Stored items:
•••••

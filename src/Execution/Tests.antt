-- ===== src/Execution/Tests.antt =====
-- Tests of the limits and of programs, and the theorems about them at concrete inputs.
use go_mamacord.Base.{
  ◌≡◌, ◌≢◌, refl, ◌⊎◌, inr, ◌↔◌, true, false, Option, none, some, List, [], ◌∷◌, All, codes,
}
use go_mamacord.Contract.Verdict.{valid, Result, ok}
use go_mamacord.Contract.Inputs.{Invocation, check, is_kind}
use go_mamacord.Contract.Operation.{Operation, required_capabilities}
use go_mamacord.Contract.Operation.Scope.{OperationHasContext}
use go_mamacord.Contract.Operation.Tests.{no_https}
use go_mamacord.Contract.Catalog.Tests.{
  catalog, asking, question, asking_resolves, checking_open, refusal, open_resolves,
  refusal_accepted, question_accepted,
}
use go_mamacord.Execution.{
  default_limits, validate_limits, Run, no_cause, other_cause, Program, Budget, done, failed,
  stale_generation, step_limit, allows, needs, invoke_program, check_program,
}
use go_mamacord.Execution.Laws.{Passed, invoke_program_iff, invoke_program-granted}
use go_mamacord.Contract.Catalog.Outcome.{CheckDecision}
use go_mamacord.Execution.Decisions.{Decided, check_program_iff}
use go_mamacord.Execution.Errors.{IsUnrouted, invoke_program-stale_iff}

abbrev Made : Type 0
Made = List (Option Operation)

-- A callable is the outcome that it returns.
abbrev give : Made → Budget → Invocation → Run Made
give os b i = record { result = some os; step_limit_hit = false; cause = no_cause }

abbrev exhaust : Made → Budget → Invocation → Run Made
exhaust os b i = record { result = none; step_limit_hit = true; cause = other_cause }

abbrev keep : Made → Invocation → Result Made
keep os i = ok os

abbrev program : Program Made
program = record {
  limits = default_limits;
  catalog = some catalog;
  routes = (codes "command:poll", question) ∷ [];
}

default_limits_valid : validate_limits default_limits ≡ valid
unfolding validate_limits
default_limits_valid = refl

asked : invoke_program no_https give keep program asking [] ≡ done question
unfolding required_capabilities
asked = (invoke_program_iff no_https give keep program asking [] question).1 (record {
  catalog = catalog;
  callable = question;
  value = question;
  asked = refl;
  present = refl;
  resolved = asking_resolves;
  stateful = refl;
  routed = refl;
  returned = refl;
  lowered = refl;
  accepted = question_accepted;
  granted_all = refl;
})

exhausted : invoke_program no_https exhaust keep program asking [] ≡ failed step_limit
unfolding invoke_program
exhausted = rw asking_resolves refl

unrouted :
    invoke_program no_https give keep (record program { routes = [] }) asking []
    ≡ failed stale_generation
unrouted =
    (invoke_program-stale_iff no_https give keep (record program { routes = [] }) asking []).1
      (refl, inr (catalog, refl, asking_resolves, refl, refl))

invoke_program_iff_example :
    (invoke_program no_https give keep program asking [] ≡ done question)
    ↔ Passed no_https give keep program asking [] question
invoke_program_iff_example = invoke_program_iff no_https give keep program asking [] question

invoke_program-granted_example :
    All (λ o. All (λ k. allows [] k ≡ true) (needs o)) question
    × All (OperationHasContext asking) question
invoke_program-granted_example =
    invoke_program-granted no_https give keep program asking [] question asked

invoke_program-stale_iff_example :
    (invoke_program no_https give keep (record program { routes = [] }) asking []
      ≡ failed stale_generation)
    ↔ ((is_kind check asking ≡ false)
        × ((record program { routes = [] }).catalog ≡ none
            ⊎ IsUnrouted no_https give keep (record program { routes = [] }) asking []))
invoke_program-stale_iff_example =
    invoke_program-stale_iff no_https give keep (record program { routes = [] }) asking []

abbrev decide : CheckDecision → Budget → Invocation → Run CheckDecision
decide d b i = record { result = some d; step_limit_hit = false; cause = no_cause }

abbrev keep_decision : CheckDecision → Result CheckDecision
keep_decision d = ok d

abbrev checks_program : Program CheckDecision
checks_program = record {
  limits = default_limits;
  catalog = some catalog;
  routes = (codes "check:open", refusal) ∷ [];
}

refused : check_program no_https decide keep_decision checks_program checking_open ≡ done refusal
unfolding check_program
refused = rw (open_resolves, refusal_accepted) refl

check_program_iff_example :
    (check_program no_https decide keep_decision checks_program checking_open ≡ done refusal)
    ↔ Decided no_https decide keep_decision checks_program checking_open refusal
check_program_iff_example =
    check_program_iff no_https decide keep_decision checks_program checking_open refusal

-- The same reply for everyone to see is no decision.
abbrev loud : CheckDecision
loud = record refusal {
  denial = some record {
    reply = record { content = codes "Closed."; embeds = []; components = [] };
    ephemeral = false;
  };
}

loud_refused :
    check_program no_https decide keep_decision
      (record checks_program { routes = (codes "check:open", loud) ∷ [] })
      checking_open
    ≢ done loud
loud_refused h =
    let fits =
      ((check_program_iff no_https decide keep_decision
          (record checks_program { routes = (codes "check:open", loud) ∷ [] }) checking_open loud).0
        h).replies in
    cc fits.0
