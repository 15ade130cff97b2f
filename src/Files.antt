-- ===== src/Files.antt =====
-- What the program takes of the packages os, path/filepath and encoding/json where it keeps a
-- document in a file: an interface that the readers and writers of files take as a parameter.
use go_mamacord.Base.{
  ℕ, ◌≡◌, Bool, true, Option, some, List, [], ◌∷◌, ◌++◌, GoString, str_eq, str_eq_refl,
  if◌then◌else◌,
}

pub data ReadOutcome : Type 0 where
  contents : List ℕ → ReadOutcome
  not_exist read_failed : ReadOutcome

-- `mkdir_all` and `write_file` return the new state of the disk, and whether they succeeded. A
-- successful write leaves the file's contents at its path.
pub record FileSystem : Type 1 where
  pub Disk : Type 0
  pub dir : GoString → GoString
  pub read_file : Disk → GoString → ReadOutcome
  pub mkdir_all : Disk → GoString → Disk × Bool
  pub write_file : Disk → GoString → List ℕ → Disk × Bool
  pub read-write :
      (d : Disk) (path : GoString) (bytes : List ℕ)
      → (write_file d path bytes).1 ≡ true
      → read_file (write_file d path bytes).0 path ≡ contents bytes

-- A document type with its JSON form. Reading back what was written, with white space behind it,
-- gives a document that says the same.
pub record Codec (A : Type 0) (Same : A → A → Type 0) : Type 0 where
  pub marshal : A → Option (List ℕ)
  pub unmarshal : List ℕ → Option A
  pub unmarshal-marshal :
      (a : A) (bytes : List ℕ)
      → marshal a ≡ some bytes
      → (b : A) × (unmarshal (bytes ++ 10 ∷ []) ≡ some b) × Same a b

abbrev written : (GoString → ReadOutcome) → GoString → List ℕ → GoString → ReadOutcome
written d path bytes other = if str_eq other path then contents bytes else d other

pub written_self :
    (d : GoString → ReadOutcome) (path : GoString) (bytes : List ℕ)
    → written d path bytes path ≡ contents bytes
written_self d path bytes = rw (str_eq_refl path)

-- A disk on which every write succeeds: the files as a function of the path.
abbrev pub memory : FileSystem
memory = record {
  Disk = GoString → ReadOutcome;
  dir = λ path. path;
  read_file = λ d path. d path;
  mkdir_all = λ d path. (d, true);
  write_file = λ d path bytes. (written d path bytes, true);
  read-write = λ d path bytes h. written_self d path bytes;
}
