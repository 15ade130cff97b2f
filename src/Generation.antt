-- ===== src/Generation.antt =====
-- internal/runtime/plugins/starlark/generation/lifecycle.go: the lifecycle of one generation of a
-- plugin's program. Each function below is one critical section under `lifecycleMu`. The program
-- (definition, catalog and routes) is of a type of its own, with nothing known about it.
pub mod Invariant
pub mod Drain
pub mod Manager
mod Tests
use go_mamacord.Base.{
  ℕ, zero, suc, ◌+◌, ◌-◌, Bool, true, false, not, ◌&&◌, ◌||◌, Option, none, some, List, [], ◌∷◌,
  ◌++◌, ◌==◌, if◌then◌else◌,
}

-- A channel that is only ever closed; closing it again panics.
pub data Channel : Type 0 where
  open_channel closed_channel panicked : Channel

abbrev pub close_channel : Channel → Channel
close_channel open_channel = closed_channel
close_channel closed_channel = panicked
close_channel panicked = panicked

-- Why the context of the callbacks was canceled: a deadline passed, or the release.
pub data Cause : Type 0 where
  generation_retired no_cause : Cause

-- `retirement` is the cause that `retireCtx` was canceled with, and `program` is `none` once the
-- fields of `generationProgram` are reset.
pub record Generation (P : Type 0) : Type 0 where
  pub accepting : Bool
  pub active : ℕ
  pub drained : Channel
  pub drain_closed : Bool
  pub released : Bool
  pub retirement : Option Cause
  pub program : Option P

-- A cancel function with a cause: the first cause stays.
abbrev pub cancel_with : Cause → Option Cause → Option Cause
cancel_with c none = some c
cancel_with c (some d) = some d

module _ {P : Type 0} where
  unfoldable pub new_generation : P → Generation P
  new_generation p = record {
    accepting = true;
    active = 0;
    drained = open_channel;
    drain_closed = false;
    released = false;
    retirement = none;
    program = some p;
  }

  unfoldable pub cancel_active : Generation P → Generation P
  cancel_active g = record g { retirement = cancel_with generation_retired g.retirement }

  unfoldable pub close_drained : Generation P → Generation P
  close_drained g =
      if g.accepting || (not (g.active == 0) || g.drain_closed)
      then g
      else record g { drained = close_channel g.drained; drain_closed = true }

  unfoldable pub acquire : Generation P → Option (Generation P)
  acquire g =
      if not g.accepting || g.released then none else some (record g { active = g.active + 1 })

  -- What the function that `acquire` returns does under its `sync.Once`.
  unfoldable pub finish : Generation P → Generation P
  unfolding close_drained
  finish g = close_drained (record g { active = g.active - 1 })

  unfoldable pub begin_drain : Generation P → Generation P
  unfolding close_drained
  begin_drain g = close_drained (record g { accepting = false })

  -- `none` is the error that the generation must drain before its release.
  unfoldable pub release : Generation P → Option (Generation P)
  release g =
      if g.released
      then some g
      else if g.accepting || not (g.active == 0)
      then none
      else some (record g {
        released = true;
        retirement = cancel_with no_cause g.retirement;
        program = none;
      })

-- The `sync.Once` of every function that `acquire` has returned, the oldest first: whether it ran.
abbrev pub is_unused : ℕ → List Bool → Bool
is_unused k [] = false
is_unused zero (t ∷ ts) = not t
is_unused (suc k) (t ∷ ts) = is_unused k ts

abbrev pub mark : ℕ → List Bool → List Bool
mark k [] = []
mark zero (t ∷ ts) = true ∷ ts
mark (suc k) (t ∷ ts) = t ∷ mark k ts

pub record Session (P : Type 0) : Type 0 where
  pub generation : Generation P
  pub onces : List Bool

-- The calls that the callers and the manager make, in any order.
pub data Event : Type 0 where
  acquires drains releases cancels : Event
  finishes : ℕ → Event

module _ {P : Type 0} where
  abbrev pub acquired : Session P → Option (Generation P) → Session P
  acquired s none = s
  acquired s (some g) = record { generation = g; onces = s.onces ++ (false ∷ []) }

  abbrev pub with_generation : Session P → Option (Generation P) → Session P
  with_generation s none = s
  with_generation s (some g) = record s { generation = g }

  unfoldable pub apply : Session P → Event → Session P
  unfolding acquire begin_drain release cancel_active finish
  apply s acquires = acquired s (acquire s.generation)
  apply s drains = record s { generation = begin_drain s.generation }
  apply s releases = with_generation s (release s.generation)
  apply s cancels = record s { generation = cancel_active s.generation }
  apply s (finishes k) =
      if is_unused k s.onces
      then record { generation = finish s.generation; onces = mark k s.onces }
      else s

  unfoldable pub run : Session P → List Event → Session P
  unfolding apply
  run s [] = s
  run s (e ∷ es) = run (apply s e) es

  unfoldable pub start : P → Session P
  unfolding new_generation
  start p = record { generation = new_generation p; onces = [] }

•••••

**About this exercise**
Write down exactly the span of lines above from the one containing "apply s acquires" to the one containing "if is_unused k s.onces", both ends included.

**Output**
  apply s acquires = acquired s (acquire s.generation)
  apply s drains = record s { generation = begin_drain s.generation }
  apply s releases = with_generation s (release s.generation)
  apply s cancels = record s { generation = cancel_active s.generation }
  apply s (finishes k) =
      if is_unused k s.onces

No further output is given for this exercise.